Quando integrada à gestão, a IA transforma volumes massivos de dados em ações concretas. Na área de finanças, algoritmos conseguem identificar padrões de inadimplência e prever o fluxo de caixa. No estoque, modelos analisam o histórico de vendas e variáveis externas — como a sazonalidade e o comportamento do mercado — para estimar a demanda futura. O resultado prático é a redução de desperdícios e de capital parado.
Na produção, essa combinação viabiliza a manutenção preditiva. Sensores instalados em máquinas enviam informações em tempo real para o sistema. A IA identifica sinais de desgaste e aponta quando um equipamento tem alta probabilidade de falhar. Em vez de trabalhar apenas com manutenções corretivas (quando o maquinário já quebrou), a empresa passa a atuar no momento exato, aumentando a produtividade e reduzindo custos operacionais.
Outro campo impactado é o atendimento ao cliente. Ao cruzar o histórico de pedidos e interações anteriores, torna-se viável antecipar necessidades e oferecer recomendações personalizadas. Dashboards estáticos dão lugar a painéis dinâmicos capazes de destacar tendências: o próprio sistema sinaliza um custo que saiu do padrão ou uma mudança atípica no ritmo de vendas.

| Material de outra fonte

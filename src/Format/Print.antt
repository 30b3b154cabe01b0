-- ===== src/Format/Print.antt =====
-- The loops of vprintfmt in jos/lib/printfmt.c, and vsnprintf. The format is in memory at `fmt`. The
-- loops run on fuel, which is enough if it is more than the length of the format and of each string.
use cs444_operating_systems.Base.{
  ℕ, zero, suc, ◌+◌, ◌-◌, ◌*◌, true, false, ◌&&◌, ◌||◌, ◌==◌, leb, ltb, Option, none, some, List,
  [], ◌∷◌, ◌++◌, if◌then◌else◌,
}
use cs444_operating_systems.Format.Convert.{
  Flags, initial_flags, Piece, signed, is_negative, convert,
}

-- The number that starts with the character `ch` in front of `fmt`, and where `fmt` is behind it. It is less
-- than 2 ^ 31: the source has it in an int.
unfoldable pub read_width : (fuel : ℕ) → (ℕ → ℕ) → (ch fmt precision : ℕ) → Option (ℕ × ℕ)
read_width zero m ch fmt precision = none
read_width (suc fuel) m ch fmt precision =
    let next = m fmt in
    let value = precision * 10 + (ch - 48) in
    elim (ltb next 48 || ltb 57 next) [
      | true ↦ some (value, fmt)
      | false ↦ read_width fuel m next (fmt + 1) value
    ]

-- The label `process_precision`.
unfoldable pub process_precision : Option ℕ → Flags → Flags
process_precision precision f =
    if is_negative f.width
    then record f { width = precision; precision = none }
    else record f { precision = precision }

-- What the flag `ch` that is no digit does.
unfoldable pub flag : ℕ → Flags → Option Flags
flag ch f =
    if ch == 45
    then some (record f { padc = 45 })
    else if ch == 48
    then some (record f { padc = 48 })
    else if ch == 46
    then some (if is_negative f.width then record f { width = some 0 } else f)
    else if ch == 35
    then some (record f { altflag = true })
    else if ch == 108
    then some (record f { lflag = f.lflag + 1 })
    else none

-- From the label `reswitch` on.
unfoldable pub reswitch : (fuel : ℕ) → (m w : ℕ → ℕ) → (fmt ap : ℕ) → Flags → Option Piece
reswitch zero m w fmt ap f = none
reswitch (suc fuel) m w fmt ap f = elim (flag (m fmt) f) [
  | some f' ↦ reswitch fuel m w (fmt + 1) ap f'
  | none ↦ elim (leb 49 (m fmt) && leb (m fmt) 57) [
    | true ↦ elim (read_width fuel m (m fmt) (fmt + 1) 0) [
      | none ↦ none
      | some (precision, fmt') ↦ reswitch fuel m w fmt' ap (process_precision (some precision) f)
    ]
    | false ↦ elim (m fmt == 42) [
      | true ↦ reswitch fuel m w (fmt + 1) (ap + 1) (process_precision (signed (w ap)) f)
      | false ↦ convert fuel m w (m fmt) (fmt + 1) ap f
    ]
  ]
]

-- The characters that are printed.
unfoldable pub vprintfmt : (fuel : ℕ) → (m w : ℕ → ℕ) → (fmt ap : ℕ) → Option (List ℕ)
vprintfmt zero m w fmt ap = none
vprintfmt (suc fuel) m w fmt ap = elim (m fmt == 37) [
  | true ↦ elim (reswitch fuel m w (fmt + 1) ap initial_flags) [
    | none ↦ none
    | some piece ↦ elim (vprintfmt fuel m w piece.fmt piece.ap) [
      | none ↦ none
      | some text ↦ some (piece.text ++ text)
    ]
  ]
  | false ↦ elim (m fmt == 0) [
    | true ↦ some []
    | false ↦ elim (vprintfmt fuel m w (fmt + 1) ap) [
      | none ↦ none
      | some text ↦ some (m fmt ∷ text)
    ]
  ]
]
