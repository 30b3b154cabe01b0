-- ===== src/Format/Termination.antt =====
-- vprintfmt of jos/lib/printfmt.c comes to an end.
use cs444_operating_systems.Base.{
  ℕ, zero, suc, ◌+◌, ◌-◌, ◌*◌, ◌≤◌, ◌<◌, ◌≡◌, ◌≢◌, refl, Bool, true, false, not, ◌&&◌, ◌||◌, ◌==◌,
  leb, ltb, Option, none, some, List, [], ◌∷◌, if◌then◌else◌, arith, ==→eq,
}
use mathlib.Core.Path.{subst}
use cs444_operating_systems.Format.Ends.{
  Ends, Ends-if, Ends-cond, Ends-weaken, Ends-option, Ends-then,
}
use cs444_operating_systems.Format.Convert.{
  or_zero, Flags, initial_flags, Piece, codes, literal, pointed, string_chars, string_text,
  walk_back, convert,
}
use cs444_operating_systems.Format.Print.{read_width, process_precision, flag, reswitch, vprintfmt}

walk_back-bounds :
    (m : ℕ → ℕ) (b n : ℕ) → m b ≡ 37 → b < n → (b < walk_back m n) × (walk_back m n ≤ n)
unfolding walk_back
walk_back-bounds m b zero at lt = absurd (omega arith)
walk_back-bounds m b (suc n) at lt = ground (arith, at, walk_back-bounds m b n at)

abbrev AnyText : List ℕ → Type 0
AnyText _ = Unit

not_yet : (n i : ℕ) (str : ℕ → ℕ) → str (i + n) ≡ 0 → (str i == 0) ≡ false → n ≢ 0
not_yet n i str at going = λ z. ground (arith, at, z, going)

further :
    (n i : ℕ) (str : ℕ → ℕ) → str (i + n) ≡ 0 → (str i == 0) ≡ false → str (i + 1 + (n - 1)) ≡ 0
further n i str at going = subst (λ a. str a ≡ 0) (omega (arith, not_yet n i str at going)) at

string_chars-Ends :
    (n fuel i : ℕ) (str : ℕ → ℕ) (precision : Option ℕ) (altflag : Bool)
    → str (i + n) ≡ 0
    → n < fuel
    → Ends AnyText (string_chars fuel str i precision altflag)
unfolding string_chars
string_chars-Ends n zero i str precision altflag at lt = absurd (omega arith)
string_chars-Ends n (suc fuel) i str none altflag at lt =
    Ends-if AnyText (str i == 0) _ _ (λ e. tt)
      λ going.
        Ends-then AnyText AnyText _ _
          (string_chars-Ends (n - 1) fuel (i + 1) str none altflag (further n i str at going)
            (omega (arith, not_yet n i str at going)))
          (λ t u. tt)
string_chars-Ends n (suc fuel) i str (some zero) altflag at lt =
    Ends-if AnyText (str i == 0) _ _ (λ e. tt) (λ going. tt)
string_chars-Ends n (suc fuel) i str (some (suc q)) altflag at lt =
    Ends-if AnyText (str i == 0) _ _ (λ e. tt)
      λ going.
        Ends-then AnyText AnyText _ _
          (string_chars-Ends (n - 1) fuel (i + 1) str (some q) altflag (further n i str at going)
            (omega (arith, not_yet n i str at going)))
          (λ t u. tt)

-- Every string ends, within `bound` characters.
abbrev pub AllEnd : (bound : ℕ) → (ℕ → ℕ) → Type 0
AllEnd bound m = (p : ℕ) → (n : ℕ) × (n < bound) × (m (p + n) ≡ 0)

string_text-Ends :
    (bound fuel p : ℕ) (m : ℕ → ℕ) (f : Flags)
    → AllEnd bound m
    → 6 < bound
    → bound < fuel
    → Ends AnyText (string_text fuel (pointed m p) f)
unfolding string_text
string_text-Ends bound fuel p m f all big lt =
    Ends-then AnyText AnyText (string_chars fuel (pointed m p) 0 f.precision f.altflag) _
      (chars (p == 0))
      (λ text u.
        Ends-cond AnyText (ltb 0 (or_zero f.width) && not (f.padc == 45)) _ _ (λ e. tt) (λ e. tt))
  where
    chars :
        (null : Bool)
        → Ends AnyText (
            string_chars fuel
              (if null then literal (codes "(null)") else λ i. m (p + i))
              0
              f.precision
              f.altflag)
    chars true =
        string_chars-Ends 6 fuel 0 (literal (codes "(null)")) f.precision f.altflag refl
          (omega arith)
    chars false =
        let (n, small, at) = all p in
        string_chars-Ends n fuel 0 (λ i. m (p + i)) f.precision f.altflag
          (subst (λ a. m (p + a) ≡ 0) (omega arith) at) (omega arith)

-- Between the start of the escape sequence and the end of the format.
abbrev Within : (b e : ℕ) → Piece → Type 0
Within b e piece = (b < piece.fmt) × (piece.fmt ≤ e)

-- A case of the switch that moves no pointer into the format.
case-Ends :
    (b e i c : ℕ) (m : ℕ → ℕ) (x y : Option Piece)
    → m e ≡ 0
    → b < i
    → i ≤ e
    → c ≢ 0
    → (i < e → Ends (Within b e) x)
    → Ends (Within b e) y
    → Ends (Within b e) (if m i == c then x else y)
case-Ends b e i c m x y over lo hi ne here rest =
    Ends-cond (Within b e) (m i == c) x y (λ h. here (ground (arith, over, ==→eq (m i) c h)))
      (λ h. rest)

convert-Ends :
    (bound fuel b e i ap : ℕ) (m w : ℕ → ℕ) (f : Flags)
    → AllEnd bound m
    → 6 < bound
    → bound < fuel
    → m b ≡ 37
    → m e ≡ 0
    → b < i
    → i ≤ e
    → Ends (Within b e) (convert fuel m w (m i) (i + 1) ap f)
unfolding convert
convert-Ends bound fuel b e i ap m w f all big enough at over lo hi =
    let go = λ (c : ℕ) (ne : c ≢ 0) (x y : Option Piece). case-Ends b e i c m x y over lo hi ne in
    let back = walk_back-bounds m b (i + 1 - 1) at (omega arith) in
    let walked : Ends (Within b e)
        (some (record { text = 37 ∷ []; fmt = walk_back m (i + 1 - 1); ap = ap })) =
      (back.0, omega (arith, back.1)) in
    go 99 (omega arith) _ _ (λ lt. (omega arith, omega arith))
      (go 101 (omega arith) _ _ (λ lt. (omega arith, omega arith))
        (go 115 (omega arith) _ _
          (λ lt.
            Ends-then (Within b e) AnyText _ _
              (string_text-Ends bound fuel (w ap) m f all big enough)
              (λ t u. (omega arith, omega arith)))
          (go 100 (omega arith) _ _ (λ lt. (omega arith, omega arith))
            (go 117 (omega arith) _ _ (λ lt. (omega arith, omega arith))
              (go 111 (omega arith) _ _ (λ lt. (omega arith, omega arith))
                (go 112 (omega arith) _ _ (λ lt. (omega arith, omega arith))
                  (go 120 (omega arith) _ _ (λ lt. (omega arith, omega arith))
                    (go 37 (omega arith) _ _ (λ lt. (omega arith, omega arith)) walked))))))))

-- The number ends behind its first character, and not behind the end of the format.
read_width-Ends :
    (fuel e i value : ℕ) (m : ℕ → ℕ) (ch : ℕ)
    → m e ≡ 0
    → i ≤ e
    → e < i + fuel
    → Ends (λ r. (i ≤ r.1) × (r.1 ≤ e)) (read_width fuel m ch i value)
unfolding read_width
read_width-Ends zero e i value m ch over hi enough = absurd (omega arith)
read_width-Ends (suc fuel) e i value m ch over hi enough =
    Ends-if _ (ltb (m i) 48 || ltb 57 (m i)) _ _ (λ stop. (omega arith, hi))
      λ digit'.
        let inside : i < e = ground (arith, over, digit') in
        Ends-weaken (λ r. (i + 1 ≤ r.1) × (r.1 ≤ e)) (λ r. (i ≤ r.1) × (r.1 ≤ e)) _
          (read_width-Ends fuel e (i + 1) (value * 10 + (ch - 48)) m (m i) over (omega arith)
            (omega arith))
          (λ r h. (omega (arith, h.0), h.1))

flag_char : (ch : ℕ) (f f' : Flags) → flag ch f ≡ some f' → ch ≢ 0
unfolding flag
flag_char ch f f' h = λ z. ground arith

reswitch-Ends :
    (bound fuel b e i ap : ℕ) (m w : ℕ → ℕ) (f : Flags)
    → AllEnd bound m
    → 6 < bound
    → m b ≡ 37
    → m e ≡ 0
    → b < i
    → i ≤ e
    → e + bound + 1 < i + fuel
    → Ends (Within b e) (reswitch fuel m w i ap f)
unfolding reswitch
reswitch-Ends bound zero b e i ap m w f all big at over lo hi enough = absurd (omega arith)
reswitch-Ends bound (suc fuel) b e i ap m w f all big at over lo hi enough =
    Ends-option (Within b e) (flag (m i) f) _ _
      (λ f' is_flag.
        let inside : i < e = ground (arith, over, flag_char (m i) f f' is_flag) in
        reswitch-Ends bound fuel b e (i + 1) ap m w f' all big at over (omega arith) (omega arith)
          (omega arith))
      λ no_flag.
        Ends-if (Within b e) (leb 49 (m i) && leb (m i) 57) _ _
          (λ digit'.
            let inside : i < e = ground (arith, over, digit') in
            Ends-then (Within b e) _ (read_width fuel m (m i) (i + 1) 0) _
              (read_width-Ends fuel e (i + 1) 0 m (m i) over (omega arith) (omega arith))
              λ (precision, fmt') h.
                reswitch-Ends bound fuel b e fmt' ap m w (process_precision (some precision) f) all
                  big at over (omega (arith, h.0)) h.1 (omega (arith, h.0)))
          λ no_digit.
            Ends-if (Within b e) (m i == 42) _ _
              (λ star.
                let inside : i < e = ground (arith, over, star) in
                reswitch-Ends bound fuel b e (i + 1) (ap + 1) m w _ all big at over (omega arith)
                  (omega arith) (omega arith))
              (λ no_star.
                convert-Ends bound fuel b e i ap m w f all big (omega arith) at over lo hi)

vprintfmt-Ends :
    (bound fuel e i ap : ℕ) (m w : ℕ → ℕ)
    → AllEnd bound m
    → 6 < bound
    → m e ≡ 0
    → i ≤ e
    → e + bound + 1 < i + fuel
    → Ends AnyText (vprintfmt fuel m w i ap)
unfolding vprintfmt
vprintfmt-Ends bound zero e i ap m w all big over hi enough = absurd (omega arith)
vprintfmt-Ends bound (suc fuel) e i ap m w all big over hi enough =
    Ends-if AnyText (m i == 37) _ _
      (λ percent.
        let inside : i < e = ground (arith, over, percent) in
        Ends-then AnyText (Within i e) _ _
          (reswitch-Ends bound fuel i e (i + 1) ap m w initial_flags all big
            (==→eq (m i) 37 percent) over (omega arith) (omega arith) (omega arith))
          λ piece h.
            Ends-then AnyText AnyText _ _
              (vprintfmt-Ends bound fuel e piece.fmt piece.ap m w all big over h.1
                (omega (arith, h.0)))
              (λ t u. tt))
      λ plain.
        Ends-if AnyText (m i == 0) _ _ (λ stop. tt)
          λ going.
            let inside : i < e = ground (arith, over, going) in
            Ends-then AnyText AnyText _ _
              (vprintfmt-Ends bound fuel e (i + 1) ap m w all big over (omega arith) (omega arith))
              (λ t u. tt)

Ends-some : (o : Option (List ℕ)) → Ends AnyText o → (text : List ℕ) × (o ≡ some text)
Ends-some none h = absurd h
Ends-some (some text) h = (text, refl)

-- vprintfmt comes to an end for every format, arguments included that are not what the format asks
-- for: fuel of `bound + 2` more than the length of the format is enough. The hypotheses: the format
-- ends at `e`, and from each address on there is a 0 within `bound` bytes, at least 7.
pub vprintfmt_terminates :
    (bound fuel e fmt ap : ℕ) (m w : ℕ → ℕ)
    → AllEnd bound m
    → 6 < bound
    → m e ≡ 0
    → fmt ≤ e
    → e + bound + 1 < fmt + fuel
    → (text : List ℕ) × (vprintfmt fuel m w fmt ap ≡ some text)
vprintfmt_terminates bound fuel e fmt ap m w all big over hi enough =
    Ends-some (vprintfmt fuel m w fmt ap)
      (vprintfmt-Ends bound fuel e fmt ap m w all big over hi enough)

Essa transformação, no entanto, traz desafios claros. O primeiro é a qualidade dos dados, pois nenhuma tecnologia faz milagres se as informações de base forem inconsistentes. O segundo é a segurança cibernética. O terceiro é humano: em uma região economicamente pujante e competitiva como o ecossistema corporativo de Ribeirão Preto, os profissionais precisam estar preparados para trabalhar com análises avançadas, tomando decisões baseadas em dados, não apenas na intuição.
A evolução natural da gestão não é ganhar novos módulos manuais, mas se tornar uma plataforma inteligente presente em todo o ciclo do negócio. Empresas que explorarem essa combinação tomarão decisões mais rápidas e criarão vantagens competitivas difíceis de copiar. A pergunta que fica para o gestor moderno é: sua empresa está pronta para o futuro ou continuará usando ferramentas modernas com uma mentalidade antiga?